И за это спасибо! Лишь бы только совещание состоялось. Ведь, в сущности, никакое оно не совещание, а суд. Неофициальный, но суд, чей авторитет ничуть не уступает авторитету судей, облаченных в длинные широкие мантии. Потому что составляют его крупнейшие юристы из разных стран, потому что он судит, соблюдая веления закона; но главное — потому, что он живой голос совести всех честных людей на земле.
Места в президиуме занимают наконец те, чьи имена известны повсюду. Сэр Стаффорд Криппс звонит в колокольчик, приглашая к тишине, и своим глухим голосом произносит краткое вступительное слово.
— Дамы и господа, уважаемые гости, собравшиеся сюда со всех уголков земного шара. Мне выпала высокая честь открыть заседание Международной следственной комиссии, которая, повинуясь исключительно своей совести, своему нравственному долгу и откликаясь на настойчивый призыв мировой общественности, поставила целью установить истину о том, что происходит сейчас в Германии: действуют ли там какие-либо законы, ограждающие права человека, соблюдаются ли свободы, установленные пока еще не отмененной конституцией, существуют ли для человека, подвергнутого следствию и преданного суду, гарантии от произвола.

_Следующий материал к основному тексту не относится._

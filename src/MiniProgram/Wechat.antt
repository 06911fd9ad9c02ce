-- ===== src/MiniProgram/Wechat.antt =====
-- The login by WeChat: backend/app/core/wechat.py, with the two texts of the settings as arguments, and the
-- exchange of a code in backend/app/services/mini_program_service.py, whose reply is outside (`WechatReply`).
use materials_manager.Base.{
  Text, text_eq, Option, none, some, Bool, true, false, List, [], ◌∷◌, not, ◌||◌, ◌==◌, keep,
  length, truthy, truthy?, if◌then◌else◌,
}
use materials_manager.Core.Errors.{ErrorCode, app_error}
use materials_manager.Core.Paging.{split_on, dedupe, strip_all}
use materials_manager.Core.Tx.{Tx, ◌>>=◌, ◌>>◌, pure, raise, raise_if, or_raise}
use materials_manager.Model.Stock.{MiniProgramUser}
use materials_manager.Model.Database.{Db}
use materials_manager.MiniProgram.{login_with_wechat}

-- `[item.strip() for item in value.split(",") if item.strip()]`
unfoldable pub setting_items : Text → List Text
setting_items value = keep truthy (strip_all (split_on (λ c. c == 44) value))

unfoldable pub configured_wechat_app_ids : Text → List Text
configured_wechat_app_ids value = dedupe (setting_items value)

-- `app_secrets[app_ids.index(app_id)]`, for lists of the same length.
unfoldable pub secret_of : Text → List Text → List Text → Option Text
secret_of app_id [] secrets = none
secret_of app_id (id ∷ ids) [] = none
secret_of app_id (id ∷ ids) (secret ∷ secrets) =
    let rest = secret_of app_id ids secrets in if text_eq id app_id then some secret else rest

abbrev first_item : List Text → Text
first_item [] = []
first_item (s ∷ rest) = s

-- `app_id or app_ids[0]`
abbrev pub effective_app_id : Option Text → List Text → Text
effective_app_id app_id app_ids =
    if truthy? app_id then (elim app_id [ some s ↦ s | none ↦ [] ]) else first_item app_ids

abbrev no_item : List Text → Bool
no_item [] = true
no_item (s ∷ rest) = false

unfoldable pub get_wechat_credentials :
    {S : Type 0} → Text → Text → Option Text → Tx S (Text × Text)
get_wechat_credentials ids_setting secrets_setting app_id = do
  raise_if
      (no_item (setting_items ids_setting)
        || (not (length (setting_items ids_setting) == length (setting_items secrets_setting))
            || not (
                length (setting_items ids_setting) == length (dedupe (setting_items ids_setting)))))
      (app_error ErrorCode.wechat_configuration_invalid (some 503))
  secret ←
      or_raise
        (secret_of (effective_app_id app_id (setting_items ids_setting)) (setting_items ids_setting)
          (setting_items secrets_setting))
        (app_error ErrorCode.wechat_not_configured (some 503))
  pure (effective_app_id app_id (setting_items ids_setting), secret)

-- No reply, or its body: whether it has an error code that is not zero, and its `openid`, if it is a text.
pub data WechatReply : Type 0 where
  unavailable : WechatReply
  answered : Bool → Option Text → WechatReply

unfoldable pub openid_of : {S : Type 0} → WechatReply → Tx S Text
openid_of WechatReply.unavailable = raise (app_error ErrorCode.wechat_auth_unavailable (some 503))
openid_of (WechatReply.answered refused openid) = do
  raise_if refused (app_error ErrorCode.wechat_auth_failed (some 401))
  raise_if (not (truthy? openid)) (app_error ErrorCode.wechat_auth_invalid_response (some 502))
  or_raise openid (app_error ErrorCode.wechat_auth_invalid_response (some 502))

-- `reply` is what WeChat answers to the id, its secret and the code.
module _ (reply : Text → Text → Text → WechatReply) (ids_setting secrets_setting : Text) where
  unfoldable pub exchange_wechat_code : {S : Type 0} → Text → Option Text → Tx S (Text × Text)
  exchange_wechat_code code app_id = do
    credentials ← get_wechat_credentials ids_setting secrets_setting app_id
    openid ← openid_of (reply credentials.0 credentials.1 code)
    pure (credentials.0, openid)

  -- The whole of `login_with_wechat`.
  unfoldable pub login_by_code : Text → Option Text → Tx Db (Option MiniProgramUser × (Text × Text))
  login_by_code code app_id = do
    identity ← exchange_wechat_code code app_id
    user ← login_with_wechat identity.0 identity.1
    pure (user, identity)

Корреспонденты спешат записать каждое слово оратора: газеты во всем мире ждут сообщений об этом единственном в своем роде суде. Еще бы!.. Известные ученые и юристы, люди, чей опыт и чья беспристрастность ни у кого не вызывают сомнений, собрались, чтобы вынести приговор тем порядкам, которые воцарились в великой стране, бывшей некогда очагом культуры и просвещения. Что же стало с ней, этой страной? Верно ли, что она погрузилась во мрак средневековья, что там бесчинствуют палачи и ни один человек не может чувствовать себя в безопасности? Или все это вымысел, клевета каких-то загадочных ее врагов, как об этом твердят повсеместно гитлеровские подпевалы?
И потом — этот странный пожар в рейхстаге… Официальные заявления германского правительства полны неясностей и противоречий. Надо все проверить заново, надо доискаться до истины и узнать, кому было выгодно поджечь рейхстаг. Потому что тот, кто выигрывал от поджога, скорее всего и есть поджигатель.